Всю дорогу домой я казнился, и если раньше я скучал по Баушану, то теперь к этому прибавилось беспокойство за него, за его душевное состояние, сомнение в чистоте собственных побуждений и укоры совести. Уж не из тщеславия ли и эгоистического чванства потащил я Баушана в университет? А может быть, мною руководило тайное желание избавиться от него, любопытно было посмотреть, как потечет моя жизнь, когда я освобожусь от его неотступного надзора и со спокойной душой буду сворачивать куда захочу – направо или налево, не вызывая ни в едином живом существе чувства радости или горького разочарования? Что греха таить, с того дня как Баушана поместили в клинику, я и в самом деле наслаждался давно не испытанной внутренней свободой. Никто не донимал меня видом своего мученического ожидания за стеклянной дверью. Никто, стоя у порога с робко поднятой лапой, не вызывал у меня растроганной улыбки и не отрывал раньше времени от работы. Шел ли я в парк, сидел ли дома, никому до этого не было дела. Жизнь и вправду потекла удобная, покойная и не лишенная прелести новизны. Но так как обычный стимул для прогулок отсутствовал, то я почти перестал выходить.
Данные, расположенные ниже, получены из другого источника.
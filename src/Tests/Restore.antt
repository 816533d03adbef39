-- ===== src/Tests/Restore.antt =====
-- Witnesses for the waiting helpers, the start of a manager and Restore.
use docker_network_dhcp.Base.{
  ℕ, ◌≡◌, refl, ◌≢◌, Bool, true, false, Option, none, some, [], ◌∷◌, go, ◌==ℕ◌, if◌then◌else◌,
  GoString-discrete,
}
use docker_network_dhcp.Base.GoMap.{lookup, values}
use docker_network_dhcp.Base.Keyed.{SameElements}
use docker_network_dhcp.Util.Outcome.{ok, Act}
use docker_network_dhcp.Util.Await.{await_condition}
use docker_network_dhcp.Util.Await.Laws.{Ends, await_condition-Ends}
use docker_network_dhcp.Plugin.Names.{veth_pair_names}
use docker_network_dhcp.Plugin.Manager.Start.{
  Held, start, new_manager, start_clients, setup_client, restore_client, open_handle,
}
use docker_network_dhcp.Plugin.Manager.Start.Handles.{Balanced, start-Balanced}
use docker_network_dhcp.Plugin.State.{EndpointState}
use docker_network_dhcp.Plugin.Options.{short_options}
use docker_network_dhcp.Plugin.Types.{DhcpManager}
use docker_network_dhcp.Plugin.Leave.{join_begin}
use docker_network_dhcp.Plugin.Join.Goroutine.{
  Result, hinted_manager, join_goroutine, join_goroutine-Result,
}
use docker_network_dhcp.Plugin.Restore.{
  restored, restore_endpoint, restore_all, reattach, discard, read_sandbox, find_endpoint_link,
  current_v4, current_v6, first_global, attempts, restore_from_state, register_restored,
}
use docker_network_dhcp.Plugin.Restore.Endpoint.{
  Settled, restore_endpoint-Settled, left_meanwhile, restore_endpoint_after_leave,
}
use docker_network_dhcp.Plugin.Restore.Settled.{quiet_turn, quiet_turns, restore_all_covers}
use docker_network_dhcp.Tests.World.{
  World, the_join, the_hint, bridge_options, the_endpoint, endpoint_id, lease_addr,
}
use docker_network_dhcp.Tests.Sandbox.{box, held_sim, three_polls, nothing_held, restarted}

-- The world has counted to two.
abbrev at_two : Act World (Option ℕ)
at_two w = (ok (if w ==ℕ 2 then some 7 else none), w)

await_condition-Ends_example : Ends three_polls at_two 3 0 (await_condition three_polls at_two 0)
await_condition-Ends_example = await_condition-Ends three_polls at_two 0

start-Balanced_example :
    Balanced nothing_held
      (start box three_polls three_polls (new_manager the_join bridge_options) nothing_held).0
      (start box three_polls three_polls (new_manager the_join bridge_options) nothing_held).1
start-Balanced_example =
    start-Balanced box three_polls three_polls (new_manager the_join bridge_options) nothing_held

abbrev no_turn : ℕ → Bool
no_turn n = false

restore_endpoint-Settled_example :
    Settled held_sim box the_endpoint (
      restore_endpoint held_sim box the_endpoint
        (quiet_turns (λ e. no_turn) the_endpoint)
        restarted)
restore_endpoint-Settled_example =
    restore_endpoint-Settled held_sim box the_endpoint (quiet_turns (λ e. no_turn) the_endpoint)
      restarted

abbrev back : DhcpManager
back =
    record (new_manager
      (record { network_id = the_endpoint.network_id; endpoint_id = endpoint_id; sandbox_key = [] })
      (short_options (go "my-bridge") (go "bridge") false)) {
        last_ip = some lease_addr;
        if_index = 5;
        started = true;
      }

reattaches : (h : Held World) → (reattach box the_endpoint h).0 ≡ ok back
unfolding reattach read_sandbox find_endpoint_link current_v4 current_v6 first_global box
    restore_client start_clients setup_client new_manager short_options veth_pair_names open_handle
    go GoString-discrete
reattaches h = refl

no_manager : lookup endpoint_id restarted.plugin.persistent_dhcp ≡ none
unfolding lookup
no_manager = refl

restore_endpoint_after_leave_example :
    ((restore_endpoint held_sim box the_endpoint
        (left_meanwhile held_sim box endpoint_id (quiet_turn false) (quiet_turn false))
        restarted).0
      ≡ restored)
    × (lookup endpoint_id
          (restore_endpoint held_sim box the_endpoint
            (left_meanwhile held_sim box endpoint_id (quiet_turn false) (quiet_turn false))
            restarted).1.plugin.persistent_dhcp
        ≡ some back)
    × (lookup endpoint_id
          (restore_endpoint held_sim box the_endpoint
            (left_meanwhile held_sim box endpoint_id (quiet_turn false) (quiet_turn false))
            restarted).1.plugin.state
        ≡ none)
restore_endpoint_after_leave_example =
    restore_endpoint_after_leave held_sim box the_endpoint (quiet_turn false) (quiet_turn false)
      restarted no_manager (reattaches nothing_held)
      (reattaches (discard held_sim box back (reattach box the_endpoint nothing_held).1))

abbrev calm_restore : EndpointState → ℕ → Bool
calm_restore e n = false

covered :
    (restore_all held_sim box (quiet_turns calm_restore) (the_endpoint ∷ []) restarted).0 ≡ restored
unfolding restore_all restore_endpoint attempts restore_from_state register_restored reattach
    read_sandbox find_endpoint_link current_v4 current_v6 first_global box restore_client
    start_clients setup_client new_manager short_options veth_pair_names open_handle go
    GoString-discrete lookup
covered = refl

still_listed :
    lookup endpoint_id
      (restore_all held_sim box
        (quiet_turns calm_restore)
        (the_endpoint ∷ [])
        restarted).1.plugin.state
    ≡ some the_endpoint
unfolding restore_all restore_endpoint attempts restore_from_state register_restored reattach
    read_sandbox find_endpoint_link current_v4 current_v6 first_global box restore_client
    start_clients setup_client new_manager short_options veth_pair_names open_handle go
    GoString-discrete lookup
still_listed = refl

listing : SameElements (the_endpoint ∷ []) (values restarted.plugin.state)
unfolding values
listing e = (λ i. i, λ i. i)

restore_all_covers_example :
    lookup endpoint_id
      (restore_all held_sim box
        (quiet_turns calm_restore)
        (the_endpoint ∷ [])
        restarted).1.plugin.persistent_dhcp
    ≢ none
unfolding lookup
restore_all_covers_example =
    restore_all_covers held_sim box calm_restore (the_endpoint ∷ []) restarted endpoint_id
      (refl, refl, tt) listing covered still_listed

join_goroutine-Result_example :
    (lookup endpoint_id
        (join_goroutine held_sim box three_polls three_polls 9
          (λ p. p)
          the_join
          bridge_options
          the_hint
          restarted).plugin.cancel_join
      ≡ none)
    × Result the_join bridge_options the_hint
        (join_begin held_sim endpoint_id 9 restarted).plugin
        (start box three_polls three_polls
          (hinted_manager the_join bridge_options the_hint)
          restarted.world).0
        (join_goroutine held_sim box three_polls three_polls 9
          (λ p. p)
          the_join
          bridge_options
          the_hint
          restarted).plugin
join_goroutine-Result_example =
    join_goroutine-Result held_sim box three_polls three_polls 9 (λ p. p) the_join bridge_options
      the_hint restarted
Здоровье мое пошатнулось, и когда я уже, можно сказать, дошел до состояния запертого в клетке Баушана, то вынужден был сделать вывод, что оковы сострадания более способствовали моему личному благополучию, нежели эгоистическая свобода, которой я так жаждал.

Прошла еще одна неделя, и в назначенный день я снова стоял с бородатым служителем перед клеткой Баушана. Он лежал на боку, бессильно растянувшись на подстилке из толченой дубовой коры, которая пачкала ему шерсть; голова у него запрокинулась, и тупой стеклянный взгляд был устремлен на выбеленную известкой заднюю стенку. Он не шевелился. Лишь присмотревшись, можно было увидеть, что он еще дышит. Но время от времени тихий, раздиравший мне сердце вибрирующий стон вздымал его грудную клетку с выпирающими ребрами. Оттого, что он страшно исхудал, ноги его казались несоразмерно длинными, а лапы огромными. Шерсть облезла, свалялась и, как я уже говорил, перепачкалась оттого, что он ворочался в дубовом корье. Он не обратил на меня никакого внимания; и казалось, вообще никогда уже ни на что не будет обращать внимания.

Кровотечения еще не совсем прошли, сказал служитель, иногда они ни с того ни с сего опять начинаются. Чем они вызваны, еще окончательно не установлено, во всяком случае, это не опасно. Если мне угодно, я могу оставить собаку здесь для дальнейшего наблюдения, чтобы уж знать наверное, что с ней, но могу и забрать ее домой, там она со временем поправится. Тут я вытащил из кармана поводок, который прихватил с собой, и сказал, что забираю Баушана. Служитель нашел это разумным. Он отворил клетку, и мы оба, порознь и вместе, стали звать Баушана, но бедняга не шел, он по-прежнему лежал, уставившись в белую стенку над своей головой. Правда, когда я просунул руку в клетку и вытащил его за ошейник, он не сопротивлялся. Но он не выпрыгнул, а скорее свалился на все четыре лапы и стоял, поджав хвост и опустив уши, – донельзя жалкое зрелище. Я пристегнул ему поводок, дал служителю на чай и пошел в контору рассчитаться: при таксе в семьдесят пять пфеннигов за сутки, плюс гонорар врачу за первый осмотр, пребывание Баушана в лечебнице обошлось мне в двенадцать с половиной марок. Затем, окутанные облаком сладковато-звериного запаха клиники, которым насквозь пропитался Баушан, мы тронулись домой.